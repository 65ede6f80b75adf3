-- ===== src/Adapters/Fix/Tests.antt =====
-- The theorems on FIX at two small messages.
use wingfoil.Base.{
  ℕ, ◌≡◌, ◌≢◌, refl, [], ◌∷◌, ◌++◌, none, some, true, false, ◌<◌, List, arith, length, All, ltb,
  take, drop, filter_by,
}
use wingfoil.Adapters.Fix.Decimal.{Text}
use wingfoil.Adapters.Fix.Codec.{
  FixMessage, utf8_on, is_utf8, append_all, decode_fields, is_application, build_message,
  encode_message, find_message, trailer_at, starts_trailer,
}
use wingfoil.Adapters.Fix.RoundTrip.{FieldOk, decode_fields-append_all}
use wingfoil.Adapters.Fix.Message.{Parts, PartsOk, encoded, build_message-encode_message}
use wingfoil.Adapters.Fix.Session.{FixLogon, FixSessionStatus, good, Net}
use wingfoil.Adapters.Fix.Drain.{Inbound, drain_parse_buf}
use wingfoil.Adapters.Fix.Stream.{Drained, drain_parse_buf-Drained}
use wingfoil.Adapters.Fix.Delivery.{
  IsApplication, stream_of, delivered, after, drain_parse_buf-delivers,
}
use wingfoil.Adapters.Fix.Spin.{
  Read, got, would_block, Accepted, Wire, FixAcceptorSpin, acceptor_cycle, initiator_cycle,
}
use wingfoil.Adapters.Fix.Thread.{Links, queue_empty, stays, session_round}
use wingfoil.Adapters.Fix.Forward.{forwarded, session_round-forwards}
use wingfoil.Adapters.Fix.Reads.{received, cycle-delivers}
use wingfoil.Adapters.Fix.Subscribe.{Node, contains, cycle}
use wingfoil.Adapters.Fix.Unique.{Unique}
use wingfoil.Adapters.Fix.Requested.{offers}
use wingfoil.Adapters.Fix.Subscribed.{cycle-Unique}

abbrev two_fields : List (ℕ × Text)
two_fields = (55, b'E' ∷ b'U' ∷ []) ∷ (262, b's' ∷ b'=' ∷ b'1' ∷ []) ∷ []

two-FieldOk : All FieldOk two_fields
unfolding is_utf8 utf8_on
two-FieldOk = ((omega arith, (refl, refl)), ((omega arith, (refl, refl)), tt))

two_fields_decode : decode_fields (append_all [] two_fields) ≡ two_fields
two_fields_decode = decode_fields-append_all two_fields two-FieldOk

-- An order from A to B.
abbrev order : Parts
order = record {
  msg_type = b'D' ∷ [];
  sender = b'A' ∷ [];
  target = b'B' ∷ [];
  seq = 7;
  sending_time = b'0' ∷ [];
  extra = two_fields;
}

order-PartsOk : PartsOk order
unfolding is_utf8 utf8_on
order-PartsOk = record {
  type_ok = (refl, refl);
  sender_ok = (refl, refl);
  target_ok = (refl, refl);
  seq_ok = omega arith;
  time_ok = (refl, refl);
  extra_ok = two-FieldOk;
}

two_tags : All (λ (f : ℕ × Text). f.0 ≢ 10) two_fields
two_tags = ((λ e. omega (arith, e)), ((λ e. omega (arith, e)), tt))

build_message-encode_message_example :
    build_message (decode_fields (encoded order))
    ≡ some record {
      msg_type = order.msg_type;
      seq_num = order.seq;
      sending_time = 0;
      fields = filter_by is_application order.extra;
    }
build_message-encode_message_example = build_message-encode_message order order-PartsOk

-- Sockets that take all, and a clock that stands still.
abbrev quiet_net : Net
quiet_net = record {
  Socket = Unit;
  Outside = Unit;
  now_sending_time = λ o. (b'0' ∷ [], o);
  write_all = λ _ _ o. (good tt, o);
  flush = λ _ o. (good tt, o);
}

-- Two orders and the first byte of a third.
abbrev arrived : Inbound quiet_net
arrived = record {
  parse_buf = stream_of (order ∷ order ∷ []) ++ b'8' ∷ [];
  socket = some tt;
  session = record {
    sender_comp_id = b'B' ∷ [];
    target_comp_id = b'A' ∷ [];
    out_seq = 0;
    logon = FixLogon.no_logon;
  };
  events = [];
  outside = tt;
}

order-IsApplication : IsApplication order
order-IsApplication = record {
  parts = order-PartsOk;
  tags = two_tags;
  no_logon = refl;
  no_heartbeat = refl;
  no_test_request = refl;
  no_logout = refl;
}

no_message : find_message [] ≡ none
unfolding find_message trailer_at starts_trailer
no_message = refl

partial_none : find_message (b'8' ∷ []) ≡ none
unfolding find_message trailer_at starts_trailer
partial_none = refl

drain_parse_buf-delivers_example :
    drain_parse_buf quiet_net true arrived
    ≡ (good (ltb 0 2), after quiet_net true arrived (b'8' ∷ []) (delivered (order ∷ order ∷ [])))
drain_parse_buf-delivers_example =
    drain_parse_buf-delivers quiet_net true (order ∷ order ∷ []) (b'8' ∷ []) arrived tt
      (order-IsApplication, (order-IsApplication, tt)) partial_none refl refl

drain_parse_buf-Drained_example : Drained quiet_net true (drain_parse_buf quiet_net true arrived)
drain_parse_buf-Drained_example = drain_parse_buf-Drained quiet_net true arrived

-- A socket that gives what is left of its input, at most a given number of bytes at once.
abbrev script_net : Net
script_net = record {
  Socket = Unit;
  Outside = List Text;
  now_sending_time = λ o. (b'0' ∷ [], o);
  write_all = λ _ _ o. (good tt, o);
  flush = λ _ o. (good tt, o);
}

abbrev next_piece : List Text → Read × List Text
next_piece [] = (would_block, [])
next_piece (c ∷ cs) = (got c, cs)

abbrev script_wire : Wire script_net
script_wire = record {
  Listener = Unit;
  read = λ _ _ o. next_piece o;
  set_nonblocking = λ _ o. (good tt, o);
  accept = λ _ o. (Accepted.no_connection, o);
}

-- An order that comes in two pieces.
abbrev pieces : List Text
pieces = take 3 (encoded order) ∷ drop 3 (encoded order) ∷ []

some_front : 0 < length (take 3 (encoded order))
unfolding encode_message
some_front = omega arith

some_back : 0 < length (drop 3 (encoded order))
unfolding encode_message
some_back = omega arith

abbrev acceptor : FixAcceptorSpin script_net script_wire
acceptor = record {
  listener = some tt;
  inbound = record {
    parse_buf = [];
    socket = some tt;
    session = arrived.session;
    events = [];
    outside = pieces;
  };
}

cycle-delivers_example :
    (acceptor_cycle script_net script_wire 3 acceptor ≡ (
      some (good (ltb 0 1)),
      record acceptor {
        inbound = received script_net script_wire acceptor.inbound [] (order ∷ []) [];
      },
    ))
    × (initiator_cycle script_net script_wire 3 acceptor.inbound ≡ (
      some (good (ltb 0 1)),
      received script_net script_wire acceptor.inbound [] (order ∷ []) [],
    ))
unfolding encode_message
cycle-delivers_example =
    cycle-delivers script_net script_wire pieces (order ∷ []) [] 3 acceptor tt []
      (order-IsApplication, tt) no_message refl (_, refl, some_front, (_, refl, some_back, refl))
      refl (omega arith)

-- A channel that the graph keeps open, and an empty queue of outbound messages.
abbrev open_links : Links script_net
open_links = record { send_event = λ _ o. (true, o); try_recv = λ o. (queue_empty, o) }

-- The first piece of the order was read before.
abbrev halfway : Inbound script_net
halfway = record (acceptor.inbound) {
  parse_buf = take 3 (encoded order);
  outside = drop 3 (encoded order) ∷ [];
}

session_round-forwards_example :
    session_round script_net script_wire open_links 1 false tt halfway ≡ (
      stays,
      received script_net script_wire halfway []
          (order ∷ [])
          (forwarded script_net script_wire open_links (delivered (order ∷ [])) []),
    )
unfolding encode_message
session_round-forwards_example =
    session_round-forwards script_net script_wire open_links false 1 (drop 3 (encoded order))
      (order ∷ []) [] halfway tt [] [] (order-IsApplication, tt) no_message refl refl some_back refl
      refl (omega arith) (λ _ _. refl)

-- The queue of the session thread as a list.
abbrev queued : FixMessage → List FixMessage → List FixMessage
queued m q = m ∷ q

abbrev subscriber : Node queued
subscriber = (record { pending = (b'A' ∷ []) ∷ []; sent = (b'B' ∷ []) ∷ []; logged_in = false }, [])

abbrev new_symbols : List Text
new_symbols = (b'A' ∷ []) ∷ (b'C' ∷ []) ∷ []

cycle-Unique_example :
    let (s, q) = cycle queued (FixSessionStatus.logged_in ∷ []) new_symbols subscriber in
    Unique s.sent
    × (s.pending ≡ [])
    × All (λ x. contains x s.sent ≡ true) (subscriber.0.sent ++ subscriber.0.pending ++ new_symbols)
    × ((new : List Text) × (s.sent ≡ subscriber.0.sent ++ new) × (q ≡ offers queued 1 new []))
cycle-Unique_example =
    cycle-Unique queued (FixSessionStatus.logged_in ∷ []) new_symbols subscriber (refl, tt) refl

━━━━━━━━━━━━━━━━

BRIEF: Show every line above in which the word "received" occurs.

REPLY:
use wingfoil.Adapters.Fix.Reads.{received, cycle-delivers}
        inbound = received script_net script_wire acceptor.inbound [] (order ∷ []) [];
      received script_net script_wire acceptor.inbound [] (order ∷ []) [],
      received script_net script_wire halfway []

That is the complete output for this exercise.